Dataset entries ▸

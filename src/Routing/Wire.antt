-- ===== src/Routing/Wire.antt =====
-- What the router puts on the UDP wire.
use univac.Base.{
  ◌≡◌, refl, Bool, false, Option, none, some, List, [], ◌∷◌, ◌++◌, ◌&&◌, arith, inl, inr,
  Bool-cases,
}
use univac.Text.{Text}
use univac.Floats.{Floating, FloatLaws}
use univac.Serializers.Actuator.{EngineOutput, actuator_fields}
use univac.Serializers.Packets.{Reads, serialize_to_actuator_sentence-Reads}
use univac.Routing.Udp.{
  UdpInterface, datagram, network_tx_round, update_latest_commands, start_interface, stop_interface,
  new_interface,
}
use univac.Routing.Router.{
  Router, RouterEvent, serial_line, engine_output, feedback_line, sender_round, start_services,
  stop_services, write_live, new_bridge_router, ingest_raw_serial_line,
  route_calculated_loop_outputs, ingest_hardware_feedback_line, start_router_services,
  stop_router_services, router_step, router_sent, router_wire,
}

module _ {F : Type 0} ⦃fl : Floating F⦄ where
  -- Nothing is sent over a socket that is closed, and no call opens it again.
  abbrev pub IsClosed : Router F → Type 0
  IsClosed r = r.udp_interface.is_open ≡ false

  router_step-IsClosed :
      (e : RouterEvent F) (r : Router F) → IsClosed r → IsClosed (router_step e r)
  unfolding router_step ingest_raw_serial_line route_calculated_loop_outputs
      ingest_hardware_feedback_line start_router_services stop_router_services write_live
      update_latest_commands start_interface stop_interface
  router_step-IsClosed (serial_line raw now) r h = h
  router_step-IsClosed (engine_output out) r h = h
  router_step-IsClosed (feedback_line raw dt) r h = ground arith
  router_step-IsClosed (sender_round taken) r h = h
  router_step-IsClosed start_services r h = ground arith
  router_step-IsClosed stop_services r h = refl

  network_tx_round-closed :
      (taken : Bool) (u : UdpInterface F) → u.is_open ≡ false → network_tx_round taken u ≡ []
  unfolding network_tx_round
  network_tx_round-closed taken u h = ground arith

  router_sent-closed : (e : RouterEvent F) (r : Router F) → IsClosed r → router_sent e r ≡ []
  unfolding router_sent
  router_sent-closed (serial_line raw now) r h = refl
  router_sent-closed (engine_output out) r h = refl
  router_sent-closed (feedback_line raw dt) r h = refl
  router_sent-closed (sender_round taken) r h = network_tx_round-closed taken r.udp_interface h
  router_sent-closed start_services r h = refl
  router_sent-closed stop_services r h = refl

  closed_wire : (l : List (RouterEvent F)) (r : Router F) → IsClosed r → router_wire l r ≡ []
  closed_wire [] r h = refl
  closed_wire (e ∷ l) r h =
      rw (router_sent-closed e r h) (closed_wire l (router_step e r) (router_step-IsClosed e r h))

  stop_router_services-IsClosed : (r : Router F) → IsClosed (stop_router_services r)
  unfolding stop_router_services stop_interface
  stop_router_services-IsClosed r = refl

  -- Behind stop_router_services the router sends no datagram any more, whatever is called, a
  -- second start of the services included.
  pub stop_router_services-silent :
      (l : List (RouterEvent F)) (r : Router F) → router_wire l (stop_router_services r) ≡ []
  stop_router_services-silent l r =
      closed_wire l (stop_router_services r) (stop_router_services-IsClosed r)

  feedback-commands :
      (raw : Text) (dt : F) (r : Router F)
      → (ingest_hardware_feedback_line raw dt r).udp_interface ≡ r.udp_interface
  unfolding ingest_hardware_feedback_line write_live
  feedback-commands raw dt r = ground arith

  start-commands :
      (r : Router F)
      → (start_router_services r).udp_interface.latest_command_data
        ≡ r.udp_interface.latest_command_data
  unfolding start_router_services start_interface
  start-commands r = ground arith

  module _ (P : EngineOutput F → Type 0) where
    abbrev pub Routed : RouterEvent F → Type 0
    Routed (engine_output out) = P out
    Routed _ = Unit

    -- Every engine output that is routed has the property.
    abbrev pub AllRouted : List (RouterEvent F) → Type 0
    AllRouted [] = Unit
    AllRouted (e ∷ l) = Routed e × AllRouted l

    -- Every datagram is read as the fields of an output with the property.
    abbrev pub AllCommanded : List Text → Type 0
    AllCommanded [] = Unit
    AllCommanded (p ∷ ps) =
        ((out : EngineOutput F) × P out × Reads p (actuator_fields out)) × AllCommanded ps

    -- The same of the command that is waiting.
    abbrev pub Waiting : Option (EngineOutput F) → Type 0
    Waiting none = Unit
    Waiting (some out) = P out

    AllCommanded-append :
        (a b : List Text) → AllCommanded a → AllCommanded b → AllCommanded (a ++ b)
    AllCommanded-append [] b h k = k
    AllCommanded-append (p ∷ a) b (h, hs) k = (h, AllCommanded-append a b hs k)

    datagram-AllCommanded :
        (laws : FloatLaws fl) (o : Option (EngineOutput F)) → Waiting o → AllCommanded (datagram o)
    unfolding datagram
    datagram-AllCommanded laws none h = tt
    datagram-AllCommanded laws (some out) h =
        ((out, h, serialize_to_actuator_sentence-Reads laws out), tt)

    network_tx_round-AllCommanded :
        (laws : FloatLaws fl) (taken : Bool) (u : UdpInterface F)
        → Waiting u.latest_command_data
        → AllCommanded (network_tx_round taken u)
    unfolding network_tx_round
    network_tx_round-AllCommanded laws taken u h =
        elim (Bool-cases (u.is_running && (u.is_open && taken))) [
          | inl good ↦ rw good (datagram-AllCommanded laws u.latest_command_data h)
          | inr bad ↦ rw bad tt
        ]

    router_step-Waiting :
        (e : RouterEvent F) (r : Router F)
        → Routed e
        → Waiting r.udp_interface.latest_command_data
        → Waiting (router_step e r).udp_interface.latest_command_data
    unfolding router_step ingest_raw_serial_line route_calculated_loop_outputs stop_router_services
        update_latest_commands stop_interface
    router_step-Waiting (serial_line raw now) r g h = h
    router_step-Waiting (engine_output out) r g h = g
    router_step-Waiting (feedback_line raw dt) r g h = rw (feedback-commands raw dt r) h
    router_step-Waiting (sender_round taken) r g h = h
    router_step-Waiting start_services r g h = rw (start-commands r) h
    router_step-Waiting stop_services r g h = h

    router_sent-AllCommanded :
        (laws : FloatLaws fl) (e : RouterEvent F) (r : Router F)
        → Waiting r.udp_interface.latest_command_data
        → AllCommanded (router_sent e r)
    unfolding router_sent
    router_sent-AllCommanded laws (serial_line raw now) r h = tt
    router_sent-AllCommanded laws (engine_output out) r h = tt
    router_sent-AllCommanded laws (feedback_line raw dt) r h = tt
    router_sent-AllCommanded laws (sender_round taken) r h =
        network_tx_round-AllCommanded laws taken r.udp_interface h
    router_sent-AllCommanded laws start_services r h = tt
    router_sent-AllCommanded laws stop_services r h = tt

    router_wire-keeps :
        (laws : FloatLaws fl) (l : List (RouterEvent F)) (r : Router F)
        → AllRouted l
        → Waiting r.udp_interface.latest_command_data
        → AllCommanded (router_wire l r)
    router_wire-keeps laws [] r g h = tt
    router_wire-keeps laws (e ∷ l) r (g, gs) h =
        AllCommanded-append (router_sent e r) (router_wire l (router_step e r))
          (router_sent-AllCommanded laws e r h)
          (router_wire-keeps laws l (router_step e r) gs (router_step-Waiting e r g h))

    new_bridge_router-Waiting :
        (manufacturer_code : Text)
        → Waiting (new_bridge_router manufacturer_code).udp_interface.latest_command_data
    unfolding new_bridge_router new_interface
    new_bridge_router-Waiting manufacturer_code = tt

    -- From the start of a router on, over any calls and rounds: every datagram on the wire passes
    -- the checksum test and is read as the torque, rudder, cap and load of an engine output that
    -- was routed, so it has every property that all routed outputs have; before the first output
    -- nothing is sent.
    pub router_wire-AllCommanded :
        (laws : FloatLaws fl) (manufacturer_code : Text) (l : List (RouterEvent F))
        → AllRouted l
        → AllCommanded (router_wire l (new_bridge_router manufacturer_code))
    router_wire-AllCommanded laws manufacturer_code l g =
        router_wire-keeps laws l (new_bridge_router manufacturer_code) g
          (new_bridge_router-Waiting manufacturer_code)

--

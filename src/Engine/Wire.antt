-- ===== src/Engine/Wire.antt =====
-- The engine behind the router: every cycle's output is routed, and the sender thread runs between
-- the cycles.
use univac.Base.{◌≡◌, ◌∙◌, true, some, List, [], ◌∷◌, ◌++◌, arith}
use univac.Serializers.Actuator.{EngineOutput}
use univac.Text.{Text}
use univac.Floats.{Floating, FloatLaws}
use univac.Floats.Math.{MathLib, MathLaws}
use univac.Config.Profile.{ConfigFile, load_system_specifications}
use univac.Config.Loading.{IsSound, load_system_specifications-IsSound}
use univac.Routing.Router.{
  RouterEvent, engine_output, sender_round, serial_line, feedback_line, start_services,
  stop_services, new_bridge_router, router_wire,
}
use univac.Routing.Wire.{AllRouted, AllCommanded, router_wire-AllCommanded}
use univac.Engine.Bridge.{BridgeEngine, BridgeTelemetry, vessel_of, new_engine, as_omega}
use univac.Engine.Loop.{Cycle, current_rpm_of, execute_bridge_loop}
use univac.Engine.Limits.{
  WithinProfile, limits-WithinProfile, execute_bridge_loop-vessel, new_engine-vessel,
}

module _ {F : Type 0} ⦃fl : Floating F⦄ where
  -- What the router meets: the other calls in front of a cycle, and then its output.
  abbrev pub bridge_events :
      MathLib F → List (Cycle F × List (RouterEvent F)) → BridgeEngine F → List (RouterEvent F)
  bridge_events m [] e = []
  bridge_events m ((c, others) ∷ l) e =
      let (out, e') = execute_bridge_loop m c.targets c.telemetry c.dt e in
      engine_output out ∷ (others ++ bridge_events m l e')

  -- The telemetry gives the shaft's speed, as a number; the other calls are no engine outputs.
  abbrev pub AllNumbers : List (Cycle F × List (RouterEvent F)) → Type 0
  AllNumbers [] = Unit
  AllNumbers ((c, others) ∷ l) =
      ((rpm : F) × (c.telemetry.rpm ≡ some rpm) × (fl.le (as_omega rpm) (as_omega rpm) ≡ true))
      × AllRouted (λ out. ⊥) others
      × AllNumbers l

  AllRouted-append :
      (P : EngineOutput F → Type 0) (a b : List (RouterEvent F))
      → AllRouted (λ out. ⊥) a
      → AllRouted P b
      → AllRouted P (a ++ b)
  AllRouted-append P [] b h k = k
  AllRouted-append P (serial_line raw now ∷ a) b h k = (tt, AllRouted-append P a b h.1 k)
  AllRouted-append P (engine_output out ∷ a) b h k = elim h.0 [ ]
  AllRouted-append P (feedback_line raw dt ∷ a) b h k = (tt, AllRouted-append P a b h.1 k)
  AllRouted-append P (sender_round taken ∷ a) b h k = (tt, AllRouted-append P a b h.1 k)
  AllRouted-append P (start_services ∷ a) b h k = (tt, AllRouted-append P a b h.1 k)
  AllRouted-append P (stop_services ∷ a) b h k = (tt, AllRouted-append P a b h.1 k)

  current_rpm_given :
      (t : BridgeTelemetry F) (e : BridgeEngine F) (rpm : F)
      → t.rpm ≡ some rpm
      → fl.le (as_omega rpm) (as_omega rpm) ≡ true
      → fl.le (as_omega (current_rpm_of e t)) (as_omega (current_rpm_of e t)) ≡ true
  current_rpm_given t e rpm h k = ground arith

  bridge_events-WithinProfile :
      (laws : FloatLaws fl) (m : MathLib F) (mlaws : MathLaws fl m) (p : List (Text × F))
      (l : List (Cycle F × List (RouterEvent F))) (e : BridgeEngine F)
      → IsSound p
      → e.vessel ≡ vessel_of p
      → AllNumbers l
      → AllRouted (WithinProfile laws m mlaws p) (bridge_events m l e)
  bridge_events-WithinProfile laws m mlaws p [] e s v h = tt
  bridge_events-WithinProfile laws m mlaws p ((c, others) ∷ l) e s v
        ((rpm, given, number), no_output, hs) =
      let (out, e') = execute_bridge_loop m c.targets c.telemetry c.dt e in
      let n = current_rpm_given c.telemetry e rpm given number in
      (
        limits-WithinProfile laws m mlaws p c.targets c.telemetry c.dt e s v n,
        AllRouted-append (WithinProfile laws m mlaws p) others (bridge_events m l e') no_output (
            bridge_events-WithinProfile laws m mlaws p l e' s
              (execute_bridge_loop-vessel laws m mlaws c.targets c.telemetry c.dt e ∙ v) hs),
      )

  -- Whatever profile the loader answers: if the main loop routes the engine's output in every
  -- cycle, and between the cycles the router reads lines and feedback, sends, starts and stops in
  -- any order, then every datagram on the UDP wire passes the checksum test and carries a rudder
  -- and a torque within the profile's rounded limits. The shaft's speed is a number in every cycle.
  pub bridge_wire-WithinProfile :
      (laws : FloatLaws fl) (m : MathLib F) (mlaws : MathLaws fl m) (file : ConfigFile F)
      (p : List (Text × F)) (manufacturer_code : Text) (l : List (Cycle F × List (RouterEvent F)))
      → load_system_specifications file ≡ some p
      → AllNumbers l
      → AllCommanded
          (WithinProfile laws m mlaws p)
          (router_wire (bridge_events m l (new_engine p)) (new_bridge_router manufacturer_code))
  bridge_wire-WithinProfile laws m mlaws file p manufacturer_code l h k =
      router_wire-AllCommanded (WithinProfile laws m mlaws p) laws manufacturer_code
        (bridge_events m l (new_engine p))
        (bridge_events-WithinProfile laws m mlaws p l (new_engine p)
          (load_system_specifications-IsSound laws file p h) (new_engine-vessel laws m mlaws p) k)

...

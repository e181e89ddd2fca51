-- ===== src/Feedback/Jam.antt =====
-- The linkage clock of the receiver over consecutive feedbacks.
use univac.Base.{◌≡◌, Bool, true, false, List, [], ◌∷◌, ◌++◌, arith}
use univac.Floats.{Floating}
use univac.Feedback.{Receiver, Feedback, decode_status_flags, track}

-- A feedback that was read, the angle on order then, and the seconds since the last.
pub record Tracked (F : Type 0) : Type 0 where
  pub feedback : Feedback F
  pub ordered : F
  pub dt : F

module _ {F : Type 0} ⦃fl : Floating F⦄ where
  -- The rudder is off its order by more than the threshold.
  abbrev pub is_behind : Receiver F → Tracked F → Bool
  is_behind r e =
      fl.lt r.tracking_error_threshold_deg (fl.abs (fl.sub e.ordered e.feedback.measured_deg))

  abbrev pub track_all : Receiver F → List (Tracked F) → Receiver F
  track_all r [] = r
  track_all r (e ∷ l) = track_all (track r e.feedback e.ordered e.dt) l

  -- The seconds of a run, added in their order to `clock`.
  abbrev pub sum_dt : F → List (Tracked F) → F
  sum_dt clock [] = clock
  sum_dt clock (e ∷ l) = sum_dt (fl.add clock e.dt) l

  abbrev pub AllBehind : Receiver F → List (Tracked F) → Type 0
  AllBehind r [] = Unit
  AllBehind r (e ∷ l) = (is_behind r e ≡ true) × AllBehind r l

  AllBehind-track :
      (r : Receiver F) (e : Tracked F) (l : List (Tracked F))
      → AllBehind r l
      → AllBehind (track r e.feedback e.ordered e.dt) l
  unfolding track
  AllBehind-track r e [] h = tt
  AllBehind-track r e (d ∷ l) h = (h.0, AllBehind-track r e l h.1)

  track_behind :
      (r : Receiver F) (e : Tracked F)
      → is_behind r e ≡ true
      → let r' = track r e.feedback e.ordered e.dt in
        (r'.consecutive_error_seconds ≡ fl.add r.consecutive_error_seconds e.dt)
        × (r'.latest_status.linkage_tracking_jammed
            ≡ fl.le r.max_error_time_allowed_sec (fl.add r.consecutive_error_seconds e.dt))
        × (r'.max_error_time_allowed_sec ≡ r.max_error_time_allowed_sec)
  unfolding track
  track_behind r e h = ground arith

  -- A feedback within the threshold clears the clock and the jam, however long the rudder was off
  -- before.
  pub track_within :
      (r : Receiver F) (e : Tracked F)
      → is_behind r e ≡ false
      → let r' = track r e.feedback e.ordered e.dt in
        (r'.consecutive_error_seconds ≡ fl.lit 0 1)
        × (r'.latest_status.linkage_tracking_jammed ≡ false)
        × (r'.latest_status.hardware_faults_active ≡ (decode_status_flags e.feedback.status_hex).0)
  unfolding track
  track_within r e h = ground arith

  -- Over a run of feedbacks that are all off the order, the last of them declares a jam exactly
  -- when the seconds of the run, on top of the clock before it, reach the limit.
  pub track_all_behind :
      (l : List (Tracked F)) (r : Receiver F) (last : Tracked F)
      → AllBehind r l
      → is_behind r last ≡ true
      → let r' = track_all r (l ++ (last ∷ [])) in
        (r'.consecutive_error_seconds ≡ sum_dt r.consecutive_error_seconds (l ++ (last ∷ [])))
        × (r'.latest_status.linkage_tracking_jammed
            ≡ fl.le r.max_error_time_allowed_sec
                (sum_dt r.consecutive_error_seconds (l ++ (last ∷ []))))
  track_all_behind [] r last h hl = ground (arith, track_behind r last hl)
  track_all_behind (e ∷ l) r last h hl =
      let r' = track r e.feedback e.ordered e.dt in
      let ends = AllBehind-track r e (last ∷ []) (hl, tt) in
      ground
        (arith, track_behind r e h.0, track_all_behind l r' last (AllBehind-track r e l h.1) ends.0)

Problem to solve ▸ Above are the records; report each line in them that includes the word "Base".

Task solution ▸
use univac.Base.{
use univac.Base.{◌≡◌, ◌∙◌, true, some, List, [], ◌∷◌, ◌++◌, arith}
use univac.Base.{◌≡◌, Bool, true, false, List, [], ◌∷◌, ◌++◌, arith}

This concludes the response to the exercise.